BEGIN SOURCE DATA

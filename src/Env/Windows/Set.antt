-- ===== src/Env/Windows/Set.antt =====
-- src/env-win32.c: setenv_utf8 changes the cache and the C runtime together.
use mathlib.Core.Option.{some-injective}
use mmlib.Base.{
  ℕ, ◌≡◌, ◌≢◌, refl, sym, ap, ◌∙◌, subst, Bool, true, false, not, ◌&&◌, is_some, Option, none, some,
  List, [], ◌∷◌, ◌++◌, arith,
}
use mmlib.Base.Int.{ℤ, pos}
use mmlib.Base.CString.{Bytes}
use mmlib.Env.Windows.{
  Utf16, Envstr, Envcache, Malloc, Crt, equal_sign, find_or_create, set_value_at,
}
use mmlib.Env.Windows.Utf8.{
  get_u16env, getenv_utf8, setenv_utf8, set_in, put_value, putenv_of, setenv_converted,
}
use mmlib.Env.Windows.Entries.{IsCache}
use mmlib.Env.Windows.Cache.{Changed}
use mmlib.Env.Windows.Create.{Ready, find_or_create-Ready}
use mmlib.Env.Windows.Update.{set_value_at-Changed}
use mmlib.Env.Windows.Agree.{
  IsCrt, IsName, read, Agrees, Apart, Changed-Agrees, read-others, getenv_utf8-cached,
}

Changed-Ready :
    (before made after : List Envstr) (name value : Bytes) (i : ℕ)
    → Ready before name made i
    → Changed made name (some value) after
    → Changed before name (some value) after
Changed-Ready before made after name value i r c = record {
  valid = c.valid;
  reads = c.reads;
  others = λ other apart. c.others other apart ∙ r.same other apart;
}

module _ {E : Type 0} (crt : Crt E) where
  -- The string was put, and the cache has the value.
  record Stored (env : E) (cache : Envcache) (name value : Bytes) (string : Utf16)
      (result : E × Envcache × ℤ) : Type 0 where
    put : (crt.wputenv env string).1 ≡ true
    put_env : result.0 ≡ (crt.wputenv env string).0
    changed : Changed cache.array name (some value) result.1.array

  putenv_of-Stored :
      (env : E) (cache set : Envcache) (name value : Bytes) (string : Utf16) (index : ℕ)
      (put : E × Bool)
      → crt.wputenv env string ≡ put
      → Changed cache.array name (some value) set.array
      → (putenv_of crt put index set).2 ≡ pos 0
      → Stored env cache name value string (putenv_of crt put index set)
  putenv_of-Stored env cache set name value string index (after, true) e c done = record {
    put = ap (λ p. p.1) e;
    put_env = sym (ap (λ p. p.0) e);
    changed = c;
  }
  putenv_of-Stored env cache set name value string index (after, false) e c done =
      absurd (ground (arith, done))

  put_value-Stored :
      (env : E) (cache : Envcache) (name value : Bytes) (string : Utf16) (index : ℕ)
      (set : Envcache × Bool)
      → (set.1 ≡ true → Changed cache.array name (some value) set.0.array)
      → (put_value crt env string index set).2 ≡ pos 0
      → Stored env cache name value string (put_value crt env string index set)
  put_value-Stored env cache name value string index (set, false) c done =
      absurd (ground (arith, done))
  put_value-Stored env cache name value string index (set, true) c done =
      putenv_of-Stored env cache set name value string index (crt.wputenv env string) refl (c refl)
        done

  set_in-Stored :
      (malloc : Malloc) (env : E) (cache : Envcache) (name value : Bytes) (string : Utf16)
      (ready : Envcache × Option ℕ)
      → ((i : ℕ) → ready.1 ≡ some i → Ready cache.array name ready.0.array i)
      → (set_in crt malloc env string value ready).2 ≡ pos 0
      → Stored env cache name value string (set_in crt malloc env string value ready)
  set_in-Stored malloc env cache name value string (made, none) r done =
      absurd (ground (arith, done))
  set_in-Stored malloc env cache name value string (made, some index) r done =
      let ready = r index refl in
      put_value-Stored env cache name value string index (set_value_at malloc made index value)
        (λ set.
          Changed-Ready cache.array made.array (set_value_at malloc made index value).0.array name
            value index ready
            (set_value_at-Changed malloc made name index value ready.kept ready.found set))
        done

  setenv_converted-Stored :
      (malloc : Malloc) (env : E) (cache : Envcache) (name value : Bytes) (overwrite : Bool)
      (name_u16 : Utf16) (value_u16 : Option Utf16)
      → IsCache cache.array
      → (not overwrite && is_some (crt.wgetenv env name_u16)) ≡ false
      → (setenv_converted crt malloc env cache name value overwrite (some name_u16) value_u16).2
        ≡ pos 0
      → (v : Utf16) × (value_u16 ≡ some v)
        × Stored env cache name value
            (name_u16 ++ equal_sign ∷ v)
            (setenv_converted crt malloc env cache name value overwrite (some name_u16) value_u16)
  setenv_converted-Stored malloc env cache name value overwrite n none h new done =
      absurd (ground (arith, done))
  setenv_converted-Stored malloc env cache name value overwrite n (some v) h new done =
      let string = n ++ equal_sign ∷ v in
      let result = set_in crt malloc env string value (find_or_create malloc cache name) in
      let same : result
          ≡ setenv_converted crt malloc env cache name value overwrite (some n) (some v) =
        rw new refl in
      (
        v,
        refl,
        subst (λ r. Stored env cache name value string r) same
            (set_in-Stored malloc env cache name value string (find_or_create malloc cache name)
              (λ i e. find_or_create-Ready malloc cache name i h e) (ap (λ r. r.2) same ∙ done)),
      )

  setenv_utf8-Stored :
      (malloc : Malloc) (env : E) (cache : Envcache) (name value : Bytes) (overwrite : Bool)
      (name_u16 : Utf16)
      → IsCache cache.array
      → crt.multi_byte_to_wide_char name ≡ some name_u16
      → (not overwrite && is_some (crt.wgetenv env name_u16)) ≡ false
      → (setenv_utf8 crt malloc env cache name value overwrite).2 ≡ pos 0
      → (v : Utf16) × (crt.multi_byte_to_wide_char value ≡ some v)
        × Stored env cache name value
            (name_u16 ++ equal_sign ∷ v)
            (setenv_utf8 crt malloc env cache name value overwrite)
  unfolding setenv_utf8
  setenv_utf8-Stored malloc env cache name value overwrite n h m new done =
      let value_u16 = crt.multi_byte_to_wide_char value in
      let P = λ (k : Option Utf16).
        (v : Utf16) × (value_u16 ≡ some v)
        × Stored env cache name value (n ++ equal_sign ∷ v)
            (setenv_converted crt malloc env cache name value overwrite k value_u16) in
      subst P (sym m) (
        setenv_converted-Stored malloc env cache name value overwrite n value_u16 h new (
          sym
            (ap (λ k. (setenv_converted crt malloc env cache name value overwrite k value_u16).2) m)
          ∙ done))

  -- The value that was put is what the C runtime has.
  read-Stored :
      (laws : IsCrt crt) (env : E) (name value : Bytes) (n v : Utf16)
      → IsName n
      → value ≢ []
      → crt.multi_byte_to_wide_char name ≡ some n
      → crt.multi_byte_to_wide_char value ≡ some v
      → (crt.wputenv env (n ++ equal_sign ∷ v)).1 ≡ true
      → read crt (crt.wputenv env (n ++ equal_sign ∷ v)).0 name ≡ some value
  unfolding read get_u16env
  read-Stored laws env name value n v h filled mn mv put =
      let full : v ≢ [] = λ e. filled (
        some-injective value [] (
          sym (laws.converts value v mv)
          ∙ ap (λ u. crt.wide_char_to_multi_byte u) e
          ∙ laws.converts [] [] laws.empty)) in
      rw (mn, laws.sets env n v h full put, read, get_u16env) (laws.converts value v mv)

-- A call of setenv_utf8 that returns 0, for a value that is not empty, and that was to overwrite the variable
-- or found none, when the cache says what the C runtime says and has no name that differs from this one in
-- case only: getenv_utf8 then returns the value whatever memory there is, the C runtime has it, no variable
-- of a name that differs in more than case is changed, and the cache still says what the C runtime says.
pub setenv_utf8-sets :
    {E : Type 0} (crt : Crt E) (laws : IsCrt crt) (malloc later : Malloc) (env : E)
    (cache : Envcache) (name value : Bytes) (overwrite : Bool) (name_u16 : Utf16)
    → Agrees crt env cache
    → Apart crt laws cache name name_u16
    → crt.multi_byte_to_wide_char name ≡ some name_u16
    → IsName name_u16
    → value ≢ []
    → (not overwrite && is_some (crt.wgetenv env name_u16)) ≡ false
    → (setenv_utf8 crt malloc env cache name value overwrite).2 ≡ pos 0
    → let (after, cached, status) = setenv_utf8 crt malloc env cache name value overwrite in
      ((getenv_utf8 crt later after cached name).1 ≡ some value)
      × (read crt after name ≡ some value)
      × ((other : Bytes) (u : Utf16)
          → crt.multi_byte_to_wide_char other ≡ some u
          → laws.fold u ≢ laws.fold name_u16
          → read crt after other ≡ read crt env other)
      × Agrees crt after cached
setenv_utf8-sets crt laws malloc later env cache name value overwrite n h apart m named filled new
      done =
    let (after, cached, status) = setenv_utf8 crt malloc env cache name value overwrite in
    let (v, mv, s) =
      setenv_utf8-Stored crt malloc env cache name value overwrite n h.valid m new done in
    let value_read : read crt after name ≡ some value =
      ap (λ e. read crt e name) s.put_env
      ∙ read-Stored crt laws env name value n v named filled m mv s.put in
    let same : (other : Bytes)
        → ((u : Utf16) → crt.multi_byte_to_wide_char other ≡ some u → laws.fold u ≢ laws.fold n)
        → read crt after other ≡ read crt env other =
      λ other differs.
        ap (λ e. read crt e other) s.put_env ∙ read-others crt laws env n v other named differs in
    let agrees : Agrees crt after cached =
      Changed-Agrees crt env after cache cached name (some value) h s.changed
        (λ w k. value_read ∙ k)
        (λ other w differs k.
          same other (λ u mu. apart other u differs (λ e. ground (arith, e, k)) mu)) in
    (
      ap (λ r. r.1) (getenv_utf8-cached crt later after cached name value s.changed.reads),
      value_read,
      λ other u mu differs. same other (λ w mw.
          subst (λ k. laws.fold k ≢ laws.fold n) (some-injective u w (sym mu ∙ mw)) differs),
      agrees,
    )
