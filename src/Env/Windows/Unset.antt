-- ===== src/Env/Windows/Unset.antt =====
-- src/env-win32.c: unsetenv_utf8 takes the variable out of the cache and of the C runtime.
use mathlib.Core.Option.{some-injective}
use mmlib.Base.{
  ℕ, ◌≡◌, ◌≢◌, refl, sym, ap, ◌∙◌, subst, inl, inr, true, Option, Option-cases, none, some, [], ◌∷◌,
  ◌++◌, arith,
}
use mmlib.Base.Int.{pos}
use mmlib.Base.CString.{Bytes}
use mmlib.Env.Windows.{
  Utf16, Envcache, Malloc, Crt, equal_sign, find_entry, envcache_find_entry, envcache_remove_entry,
  no_entry,
}
use mmlib.Env.Windows.Utf8.{get_u16env, getenv_utf8, unsetenv_utf8, unset_in}
use mmlib.Env.Windows.Entries.{IsCache, lookup, lookup-none, lookup-Found, find_entry-Found}
use mmlib.Env.Windows.Cache.{Changed, IsCache-remove}
use mmlib.Env.Windows.Agree.{IsCrt, IsName, read, Agrees, Apart, Changed-Agrees, read-others}

remove-Changed :
    (cache : Envcache) (name : Bytes) (found : Option ℕ)
    → IsCache cache.array
    → find_entry cache.array name ≡ found
    → Changed cache.array name none (envcache_remove_entry cache found).array
unfolding envcache_remove_entry
remove-Changed cache name none h e = record {
  valid = h;
  reads = lookup-none name cache.array e;
  others = λ other apart. refl;
}
remove-Changed cache name (some i) h e =
    IsCache-remove name cache.array i h (find_entry-Found name cache.array i e)

module _ {E : Type 0} (crt : Crt E) where
  getenv_utf8-missing :
      (malloc : Malloc) (env : E) (cache : Envcache) (name : Bytes)
      → lookup cache.array name ≡ none
      → get_u16env crt env name ≡ none
      → (getenv_utf8 crt malloc env cache name).1 ≡ none
  unfolding getenv_utf8 envcache_find_entry
  getenv_utf8-missing malloc env cache name n g =
      elim (Option-cases (find_entry cache.array name)) [
        | inl f ↦ rw (f, g, getenv_utf8, envcache_find_entry) refl
        | inr (i, f) ↦ absurd (
            ground (
              arith,
              n,
              lookup-Found name cache.array i no_entry (find_entry-Found name cache.array i f),
            ))
      ]

  removes :
      (laws : IsCrt crt) (later : Malloc) (env : E) (cache removed : Envcache) (name : Bytes)
      (n : Utf16)
      → Agrees crt env cache
      → Apart crt laws cache name n
      → crt.multi_byte_to_wide_char name ≡ some n
      → IsName n
      → Changed cache.array name none removed.array
      → (crt.wputenv env (n ++ equal_sign ∷ [])).1 ≡ true
      → let after = (crt.wputenv env (n ++ equal_sign ∷ [])).0 in
        ((getenv_utf8 crt later after removed name).1 ≡ none)
        × (read crt after name ≡ none)
        × ((other : Bytes) (u : Utf16)
            → crt.multi_byte_to_wide_char other ≡ some u
            → laws.fold u ≢ laws.fold n
            → read crt after other ≡ read crt env other)
        × Agrees crt after removed
  unfolding read get_u16env
  removes laws later env cache removed name n h apart m named c put =
      let after = (crt.wputenv env (n ++ equal_sign ∷ [])).0 in
      let u16 : get_u16env crt after name ≡ none =
        rw (m, get_u16env) (laws.removes env n named put) in
      (
        getenv_utf8-missing later after removed name c.reads u16,
        rw (u16, read) refl,
        λ other u mu differs. read-others crt laws env n [] other named (λ w mw.
            subst (λ k. laws.fold k ≢ laws.fold n) (some-injective u w (sym mu ∙ mw)) differs),
        Changed-Agrees crt env after cache removed name none h c (λ w k. absurd (ground (arith, k)))
            (λ other w differs k.
              read-others crt laws env n [] other named
                (λ u mu. apart other u differs (λ e. ground (arith, e, k)) mu)),
      )

-- A call of unsetenv_utf8 that returns 0, when the cache says what the C runtime says and has no name that
-- differs from this one in case only: the C runtime has no such variable any more, getenv_utf8 returns NULL
-- for it, no variable of a name that differs in more than case is changed, and the cache still says what the
-- C runtime says.
pub unsetenv_utf8-removes :
    {E : Type 0} (crt : Crt E) (laws : IsCrt crt) (later : Malloc) (env : E) (cache : Envcache)
    (name : Bytes) (name_u16 : Utf16)
    → Agrees crt env cache
    → Apart crt laws cache name name_u16
    → crt.multi_byte_to_wide_char name ≡ some name_u16
    → IsName name_u16
    → (unsetenv_utf8 crt env cache name).2 ≡ pos 0
    → let (after, cached, status) = unsetenv_utf8 crt env cache name in
      ((getenv_utf8 crt later after cached name).1 ≡ none)
      × (read crt after name ≡ none)
      × ((other : Bytes) (u : Utf16)
          → crt.multi_byte_to_wide_char other ≡ some u
          → laws.fold u ≢ laws.fold name_u16
          → read crt after other ≡ read crt env other)
      × Agrees crt after cached
unfolding unsetenv_utf8 envcache_find_entry
unsetenv_utf8-removes crt laws later env cache name n h apart m named done =
    let found = find_entry cache.array name in
    let removed = envcache_remove_entry cache found in
    let same : unset_in crt env removed (some n) ≡ unsetenv_utf8 crt env cache name =
      rw (m, unsetenv_utf8, envcache_find_entry) refl in
    let put : (crt.wputenv env (n ++ equal_sign ∷ [])).1 ≡ true =
      ground (arith, ap (λ r. r.2) same ∙ done) in
    subst
      (λ r.
        ((getenv_utf8 crt later r.0 r.1 name).1 ≡ none)
        × (read crt r.0 name ≡ none)
        × ((other : Bytes) (u : Utf16)
            → crt.multi_byte_to_wide_char other ≡ some u
            → laws.fold u ≢ laws.fold n
            → read crt r.0 other ≡ read crt env other)
        × Agrees crt r.0 r.1)
      same
      (removes crt laws later env cache removed name n h apart m named
        (remove-Changed cache name found h.valid refl) put)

END SOURCE DATA

◆ TASK BRIEF:
State the number of lines in the data that include the string "before", and add nothing else.

◆ RESULT:
4